(Stored items)
════════════════════
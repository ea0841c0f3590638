-- ===== src/Tests/Chain.antt =====
-- The transactions of an address on a sample node.
use tx_xrpl_token_migrator.Base.{
  ℕ, ◌+◌, ◌-◌, ◌*◌, ◌≡◌, refl, ap, true, some, List, [], ◌∷◌, map, filter, arith, take, drop,
}
use tx_xrpl_token_migrator.Base.Int.{pos}
use tx_xrpl_token_migrator.Base.Str.{Str, codes}
use tx_xrpl_token_migrator.Base.Go.{ok}
use tx_xrpl_token_migrator.Xrpl.Model.{Time}
use tx_xrpl_token_migrator.Tx.Chain.{
  query_txs_by_events, ResultTx, Decoded, Search, query_transactions_by_events,
  get_spending_transactions,
}
use tx_xrpl_token_migrator.Tx.Chain.Fill.{IsServed, timed}
use tx_xrpl_token_migrator.Tx.Chain.Page.{since, is_success}
use tx_xrpl_token_migrator.Tx.Chain.Since.{time_at, query_since}

abbrev result_tx : ℕ → ℕ → ResultTx
result_tx height code = record { tx = []; tx_hash = codes "T"; height = height; code = code }

abbrev raw_txs : List ResultTx
raw_txs = result_tx 9 0 ∷ result_tx 8 1 ∷ result_tx 7 0 ∷ result_tx 3 0 ∷ result_tx 2 0 ∷ []

-- A timestamp is one number, and the time of a block is its height.
abbrev read_time : Str → Time
read_time [] = pos 0
read_time (n ∷ s) = pos n

abbrev print_time : Time → Str
print_time (pos n) = n ∷ []
print_time t = []

abbrev block_time : ℕ → Time
block_time height = pos height

abbrev search : Search
search = record {
  has_node = true;
  tx_search = λ event page limit.
      ok (record { txs = take limit (drop ((page - 1) * limit) raw_txs); total_count = 5 });
  block_time = λ height. ok (block_time height);
  decode_tx = λ tx. Decoded.into_any;
  page_count = λ total limit. total;
  time_string = print_time;
  parse_timestamp = λ s. some (read_time s);
}

same_page : (page : ℕ) → page + 1 - 1 ≡ page
same_page page = omega arith

search_pages :
    (limit page : ℕ)
    → search.tx_search (codes "e") (page + 1) limit
      ≡ ok (record { txs = take limit (drop (page * limit) raw_txs); total_count = 5 })
search_pages limit page =
    ap (λ p. ok (record { txs = take limit (drop (p * limit) raw_txs); total_count = 5 }))
      (same_page page)

served : (height code : ℕ) → IsServed search block_time (result_tx height code)
served height code = record { decoded = refl; block = refl; printed = refl }

query_since_example :
    query_transactions_by_events search (codes "e") 2 (pos 5)
    ≡ ok (
        filter is_success
          (since (time_at block_time) (pos 5) (map (timed search block_time) raw_txs)))
query_since_example =
    query_since search (codes "e") 2 (pos 5) block_time raw_txs
      (served 9 0, (served 8 1, (served 7 0, (served 3 0, (served 2 0, tt))))) refl
      (λ page there. search_pages 1 page) (λ page there. search_pages 2 page) refl (omega arith)

query_kept :
    get_spending_transactions search 2 (codes "a") (pos 5)
    ≡ ok (timed search block_time (result_tx 9 0) ∷ timed search block_time (result_tx 7 0) ∷ [])
unfolding get_spending_transactions query_txs_by_events
query_kept = refl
════════════════════
ABOUT THIS TASK:
Every record shown above must be echoed exactly.

RESPONSE FOR THIS EXERCISE:
repository ea0841c0f3590638
-- ===== src/Tests/Chain.antt =====
-- The transactions of an address on a sample node.
use tx_xrpl_token_migrator.Base.{
  ℕ, ◌+◌, ◌-◌, ◌*◌, ◌≡◌, refl, ap, true, some, List, [], ◌∷◌, map, filter, arith, take, drop,
}
use tx_xrpl_token_migrator.Base.Int.{pos}
use tx_xrpl_token_migrator.Base.Str.{Str, codes}
use tx_xrpl_token_migrator.Base.Go.{ok}
use tx_xrpl_token_migrator.Xrpl.Model.{Time}
use tx_xrpl_token_migrator.Tx.Chain.{
  query_txs_by_events, ResultTx, Decoded, Search, query_transactions_by_events,
  get_spending_transactions,
}
use tx_xrpl_token_migrator.Tx.Chain.Fill.{IsServed, timed}
use tx_xrpl_token_migrator.Tx.Chain.Page.{since, is_success}
use tx_xrpl_token_migrator.Tx.Chain.Since.{time_at, query_since}

abbrev result_tx : ℕ → ℕ → ResultTx
result_tx height code = record { tx = []; tx_hash = codes "T"; height = height; code = code }

abbrev raw_txs : List ResultTx
raw_txs = result_tx 9 0 ∷ result_tx 8 1 ∷ result_tx 7 0 ∷ result_tx 3 0 ∷ result_tx 2 0 ∷ []

-- A timestamp is one number, and the time of a block is its height.
abbrev read_time : Str → Time
read_time [] = pos 0
read_time (n ∷ s) = pos n

abbrev print_time : Time → Str
print_time (pos n) = n ∷ []
print_time t = []

abbrev block_time : ℕ → Time
block_time height = pos height

abbrev search : Search
search = record {
  has_node = true;
  tx_search = λ event page limit.
      ok (record { txs = take limit (drop ((page - 1) * limit) raw_txs); total_count = 5 });
  block_time = λ height. ok (block_time height);
  decode_tx = λ tx. Decoded.into_any;
  page_count = λ total limit. total;
  time_string = print_time;
  parse_timestamp = λ s. some (read_time s);
}

same_page : (page : ℕ) → page + 1 - 1 ≡ page
same_page page = omega arith

search_pages :
    (limit page : ℕ)
    → search.tx_search (codes "e") (page + 1) limit
      ≡ ok (record { txs = take limit (drop (page * limit) raw_txs); total_count = 5 })
search_pages limit page =
    ap (λ p. ok (record { txs = take limit (drop (p * limit) raw_txs); total_count = 5 }))
      (same_page page)

served : (height code : ℕ) → IsServed search block_time (result_tx height code)
served height code = record { decoded = refl; block = refl; printed = refl }

query_since_example :
    query_transactions_by_events search (codes "e") 2 (pos 5)
    ≡ ok (
        filter is_success
          (since (time_at block_time) (pos 5) (map (timed search block_time) raw_txs)))
query_since_example =
    query_since search (codes "e") 2 (pos 5) block_time raw_txs
      (served 9 0, (served 8 1, (served 7 0, (served 3 0, (served 2 0, tt))))) refl
      (λ page there. search_pages 1 page) (λ page there. search_pages 2 page) refl (omega arith)

query_kept :
    get_spending_transactions search 2 (codes "a") (pos 5)
    ≡ ok (timed search block_time (result_tx 9 0) ∷ timed search block_time (result_tx 7 0) ∷ [])
unfolding get_spending_transactions query_txs_by_events
query_kept = refl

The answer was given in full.